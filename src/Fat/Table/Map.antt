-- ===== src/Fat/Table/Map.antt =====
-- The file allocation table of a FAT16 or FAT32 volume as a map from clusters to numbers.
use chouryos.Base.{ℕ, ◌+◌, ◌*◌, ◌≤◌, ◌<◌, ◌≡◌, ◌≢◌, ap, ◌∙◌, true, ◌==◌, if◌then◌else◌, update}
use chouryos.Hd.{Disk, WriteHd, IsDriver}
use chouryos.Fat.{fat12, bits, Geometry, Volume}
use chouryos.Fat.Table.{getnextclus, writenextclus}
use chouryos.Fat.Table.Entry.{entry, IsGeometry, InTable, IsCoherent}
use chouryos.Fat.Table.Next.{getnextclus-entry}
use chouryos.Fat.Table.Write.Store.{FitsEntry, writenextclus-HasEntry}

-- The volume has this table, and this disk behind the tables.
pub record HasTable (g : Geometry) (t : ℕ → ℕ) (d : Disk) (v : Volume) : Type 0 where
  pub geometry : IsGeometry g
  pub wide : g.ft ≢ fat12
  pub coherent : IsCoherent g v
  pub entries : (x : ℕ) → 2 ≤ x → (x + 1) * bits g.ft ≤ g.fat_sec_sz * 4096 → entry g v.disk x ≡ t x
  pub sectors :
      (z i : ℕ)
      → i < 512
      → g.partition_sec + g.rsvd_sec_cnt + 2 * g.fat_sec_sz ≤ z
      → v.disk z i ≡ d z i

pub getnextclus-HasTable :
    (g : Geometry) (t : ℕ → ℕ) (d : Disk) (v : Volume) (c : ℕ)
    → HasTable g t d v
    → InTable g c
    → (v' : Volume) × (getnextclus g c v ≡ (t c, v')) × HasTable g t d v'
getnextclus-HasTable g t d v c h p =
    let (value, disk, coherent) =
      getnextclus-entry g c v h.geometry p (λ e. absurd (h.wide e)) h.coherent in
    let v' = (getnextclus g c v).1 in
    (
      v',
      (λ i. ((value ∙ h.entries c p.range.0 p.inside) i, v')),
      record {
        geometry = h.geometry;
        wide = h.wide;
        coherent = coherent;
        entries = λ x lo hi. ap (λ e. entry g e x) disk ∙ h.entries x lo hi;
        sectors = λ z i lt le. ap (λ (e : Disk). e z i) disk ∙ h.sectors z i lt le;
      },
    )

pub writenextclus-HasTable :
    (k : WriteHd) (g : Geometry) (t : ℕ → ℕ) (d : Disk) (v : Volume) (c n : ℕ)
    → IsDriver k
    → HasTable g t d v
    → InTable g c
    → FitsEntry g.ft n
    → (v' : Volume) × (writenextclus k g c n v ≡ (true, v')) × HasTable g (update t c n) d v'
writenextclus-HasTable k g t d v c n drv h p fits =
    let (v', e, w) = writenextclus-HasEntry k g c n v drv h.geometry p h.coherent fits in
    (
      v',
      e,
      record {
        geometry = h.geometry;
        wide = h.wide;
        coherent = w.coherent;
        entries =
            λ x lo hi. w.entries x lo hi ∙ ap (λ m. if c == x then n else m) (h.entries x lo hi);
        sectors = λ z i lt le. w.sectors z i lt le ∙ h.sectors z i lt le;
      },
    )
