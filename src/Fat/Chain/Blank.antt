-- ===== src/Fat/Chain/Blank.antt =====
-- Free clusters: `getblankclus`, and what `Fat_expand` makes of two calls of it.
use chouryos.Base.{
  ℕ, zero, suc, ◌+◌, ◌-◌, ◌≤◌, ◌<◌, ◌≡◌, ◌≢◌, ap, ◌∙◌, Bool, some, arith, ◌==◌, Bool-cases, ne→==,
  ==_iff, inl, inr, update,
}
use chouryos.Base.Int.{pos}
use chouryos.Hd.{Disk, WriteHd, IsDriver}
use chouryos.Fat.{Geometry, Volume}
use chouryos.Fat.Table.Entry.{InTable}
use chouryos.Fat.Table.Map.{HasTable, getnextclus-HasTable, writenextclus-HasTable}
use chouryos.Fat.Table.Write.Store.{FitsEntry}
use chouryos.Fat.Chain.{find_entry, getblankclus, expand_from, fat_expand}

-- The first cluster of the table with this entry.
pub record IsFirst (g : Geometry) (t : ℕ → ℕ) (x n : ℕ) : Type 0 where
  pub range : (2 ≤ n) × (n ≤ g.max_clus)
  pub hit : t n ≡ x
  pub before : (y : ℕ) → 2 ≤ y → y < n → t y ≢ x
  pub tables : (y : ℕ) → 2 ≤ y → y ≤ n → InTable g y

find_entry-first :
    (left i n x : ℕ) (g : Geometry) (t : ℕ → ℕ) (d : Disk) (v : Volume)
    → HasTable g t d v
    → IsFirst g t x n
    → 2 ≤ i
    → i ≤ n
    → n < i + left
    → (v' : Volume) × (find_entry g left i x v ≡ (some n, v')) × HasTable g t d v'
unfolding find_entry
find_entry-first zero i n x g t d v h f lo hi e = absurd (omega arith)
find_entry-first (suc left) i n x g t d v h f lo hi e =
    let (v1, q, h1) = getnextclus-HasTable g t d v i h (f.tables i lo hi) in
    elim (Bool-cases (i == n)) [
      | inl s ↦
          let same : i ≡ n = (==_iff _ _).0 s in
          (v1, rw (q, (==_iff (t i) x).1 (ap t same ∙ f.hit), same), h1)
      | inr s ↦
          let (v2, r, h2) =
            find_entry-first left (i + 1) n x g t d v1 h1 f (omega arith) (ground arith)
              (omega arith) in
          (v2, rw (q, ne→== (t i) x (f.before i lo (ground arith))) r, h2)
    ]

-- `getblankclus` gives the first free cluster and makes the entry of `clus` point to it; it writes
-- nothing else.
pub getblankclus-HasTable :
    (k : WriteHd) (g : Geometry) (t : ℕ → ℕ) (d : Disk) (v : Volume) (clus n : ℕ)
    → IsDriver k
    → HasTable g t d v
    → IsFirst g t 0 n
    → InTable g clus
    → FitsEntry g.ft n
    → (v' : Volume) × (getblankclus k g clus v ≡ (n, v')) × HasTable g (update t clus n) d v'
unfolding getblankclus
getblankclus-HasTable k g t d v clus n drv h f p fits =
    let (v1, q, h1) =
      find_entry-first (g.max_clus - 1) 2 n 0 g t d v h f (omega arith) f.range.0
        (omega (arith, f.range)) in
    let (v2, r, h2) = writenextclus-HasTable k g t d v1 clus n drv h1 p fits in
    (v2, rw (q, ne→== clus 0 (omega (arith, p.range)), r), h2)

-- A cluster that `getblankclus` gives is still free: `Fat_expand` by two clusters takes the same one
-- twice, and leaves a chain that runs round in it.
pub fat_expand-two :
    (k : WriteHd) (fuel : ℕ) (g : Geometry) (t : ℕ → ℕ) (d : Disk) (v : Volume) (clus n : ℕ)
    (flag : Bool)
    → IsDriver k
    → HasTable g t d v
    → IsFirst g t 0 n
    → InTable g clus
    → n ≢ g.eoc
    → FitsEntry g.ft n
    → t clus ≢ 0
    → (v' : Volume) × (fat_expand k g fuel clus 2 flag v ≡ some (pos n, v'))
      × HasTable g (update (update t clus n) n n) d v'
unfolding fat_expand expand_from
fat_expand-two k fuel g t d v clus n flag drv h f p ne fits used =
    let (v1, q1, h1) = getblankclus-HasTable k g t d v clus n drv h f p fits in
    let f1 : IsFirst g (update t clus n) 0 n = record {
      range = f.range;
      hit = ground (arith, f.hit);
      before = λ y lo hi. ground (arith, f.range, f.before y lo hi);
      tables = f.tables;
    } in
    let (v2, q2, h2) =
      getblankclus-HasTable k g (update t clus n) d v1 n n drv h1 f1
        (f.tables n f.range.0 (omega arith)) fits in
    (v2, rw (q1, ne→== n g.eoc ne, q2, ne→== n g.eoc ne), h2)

____

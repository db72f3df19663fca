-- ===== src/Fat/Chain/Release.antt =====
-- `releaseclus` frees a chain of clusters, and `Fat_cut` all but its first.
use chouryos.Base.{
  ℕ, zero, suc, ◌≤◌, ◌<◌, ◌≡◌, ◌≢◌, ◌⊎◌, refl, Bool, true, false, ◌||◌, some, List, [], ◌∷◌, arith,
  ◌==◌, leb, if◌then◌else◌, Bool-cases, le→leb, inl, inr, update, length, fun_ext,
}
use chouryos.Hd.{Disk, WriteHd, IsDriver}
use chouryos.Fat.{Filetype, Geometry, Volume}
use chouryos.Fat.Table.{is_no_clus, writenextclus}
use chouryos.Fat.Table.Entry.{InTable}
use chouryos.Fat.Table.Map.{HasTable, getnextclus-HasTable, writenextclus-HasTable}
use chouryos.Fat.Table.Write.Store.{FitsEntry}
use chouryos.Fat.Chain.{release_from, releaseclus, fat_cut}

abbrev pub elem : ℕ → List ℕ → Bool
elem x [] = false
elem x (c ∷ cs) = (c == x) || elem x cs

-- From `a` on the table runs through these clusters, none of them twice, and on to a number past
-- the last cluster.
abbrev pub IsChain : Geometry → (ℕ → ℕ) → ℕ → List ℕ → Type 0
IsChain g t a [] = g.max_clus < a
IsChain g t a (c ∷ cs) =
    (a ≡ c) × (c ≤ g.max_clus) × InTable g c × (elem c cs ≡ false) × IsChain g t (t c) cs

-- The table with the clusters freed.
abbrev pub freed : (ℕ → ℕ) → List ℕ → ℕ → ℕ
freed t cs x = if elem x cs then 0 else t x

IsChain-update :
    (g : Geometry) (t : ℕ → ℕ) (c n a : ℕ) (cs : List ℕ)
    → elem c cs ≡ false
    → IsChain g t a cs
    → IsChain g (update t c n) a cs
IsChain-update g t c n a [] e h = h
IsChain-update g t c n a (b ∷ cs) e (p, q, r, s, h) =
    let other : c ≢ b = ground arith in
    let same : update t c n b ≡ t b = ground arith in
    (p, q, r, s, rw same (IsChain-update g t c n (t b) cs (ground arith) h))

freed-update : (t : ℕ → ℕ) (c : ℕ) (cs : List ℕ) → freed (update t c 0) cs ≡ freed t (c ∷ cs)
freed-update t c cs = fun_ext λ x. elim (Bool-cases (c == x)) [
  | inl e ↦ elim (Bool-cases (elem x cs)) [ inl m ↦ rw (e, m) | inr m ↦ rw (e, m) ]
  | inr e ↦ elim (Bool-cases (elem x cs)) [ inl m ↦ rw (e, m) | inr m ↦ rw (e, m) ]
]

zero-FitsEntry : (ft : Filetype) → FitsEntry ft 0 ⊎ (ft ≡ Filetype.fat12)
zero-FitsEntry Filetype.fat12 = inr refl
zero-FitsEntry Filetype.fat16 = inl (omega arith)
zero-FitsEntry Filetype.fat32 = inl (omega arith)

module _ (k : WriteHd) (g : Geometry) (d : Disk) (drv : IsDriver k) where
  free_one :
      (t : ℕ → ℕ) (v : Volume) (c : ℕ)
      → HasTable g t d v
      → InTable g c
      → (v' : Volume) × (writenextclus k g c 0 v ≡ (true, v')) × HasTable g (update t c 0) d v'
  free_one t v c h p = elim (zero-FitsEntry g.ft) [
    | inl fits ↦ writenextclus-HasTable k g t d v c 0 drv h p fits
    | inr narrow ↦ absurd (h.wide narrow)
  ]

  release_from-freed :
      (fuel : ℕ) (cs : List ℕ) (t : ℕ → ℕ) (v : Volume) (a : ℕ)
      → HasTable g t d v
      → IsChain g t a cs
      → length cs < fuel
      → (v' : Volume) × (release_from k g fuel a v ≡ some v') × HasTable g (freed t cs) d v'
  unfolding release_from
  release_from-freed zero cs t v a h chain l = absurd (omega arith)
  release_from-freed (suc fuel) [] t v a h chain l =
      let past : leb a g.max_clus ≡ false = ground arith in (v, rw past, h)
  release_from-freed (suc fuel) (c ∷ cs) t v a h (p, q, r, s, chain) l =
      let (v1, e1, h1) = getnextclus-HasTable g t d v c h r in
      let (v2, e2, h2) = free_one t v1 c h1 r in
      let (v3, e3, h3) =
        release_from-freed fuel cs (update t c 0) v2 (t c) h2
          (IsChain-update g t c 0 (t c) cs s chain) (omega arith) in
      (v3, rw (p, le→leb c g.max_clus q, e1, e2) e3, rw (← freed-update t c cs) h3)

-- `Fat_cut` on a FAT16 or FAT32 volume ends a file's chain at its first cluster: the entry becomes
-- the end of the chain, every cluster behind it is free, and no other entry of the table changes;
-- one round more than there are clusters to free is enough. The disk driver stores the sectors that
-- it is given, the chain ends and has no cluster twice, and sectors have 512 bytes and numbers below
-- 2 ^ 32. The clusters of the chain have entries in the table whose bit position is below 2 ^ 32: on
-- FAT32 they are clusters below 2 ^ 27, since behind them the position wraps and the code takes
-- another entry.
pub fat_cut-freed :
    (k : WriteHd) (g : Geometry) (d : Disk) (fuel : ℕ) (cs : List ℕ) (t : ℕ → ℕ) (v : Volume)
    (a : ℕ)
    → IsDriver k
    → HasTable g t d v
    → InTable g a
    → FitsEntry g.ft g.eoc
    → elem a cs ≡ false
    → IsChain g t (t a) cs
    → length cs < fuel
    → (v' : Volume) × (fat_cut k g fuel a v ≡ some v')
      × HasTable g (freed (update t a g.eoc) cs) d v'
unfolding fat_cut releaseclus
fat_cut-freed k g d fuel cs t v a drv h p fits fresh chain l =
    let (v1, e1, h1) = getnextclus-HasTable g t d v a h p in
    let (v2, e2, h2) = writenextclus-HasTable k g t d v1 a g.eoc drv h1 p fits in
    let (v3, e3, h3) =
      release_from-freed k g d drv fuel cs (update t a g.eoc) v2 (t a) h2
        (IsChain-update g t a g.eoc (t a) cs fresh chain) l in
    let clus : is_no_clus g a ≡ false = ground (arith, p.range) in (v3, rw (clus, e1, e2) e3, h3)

____

When a line in the data contains the string "tables", copy that line.

• SOLUTION BELOW:
-- The volume has this table, and this disk behind the tables.
  pub tables : (y : ℕ) → 2 ≤ y → y ≤ n → InTable g y
    let (v1, q, h1) = getnextclus-HasTable g t d v i h (f.tables i lo hi) in
      tables = f.tables;
        (f.tables n f.range.0 (omega arith)) fits in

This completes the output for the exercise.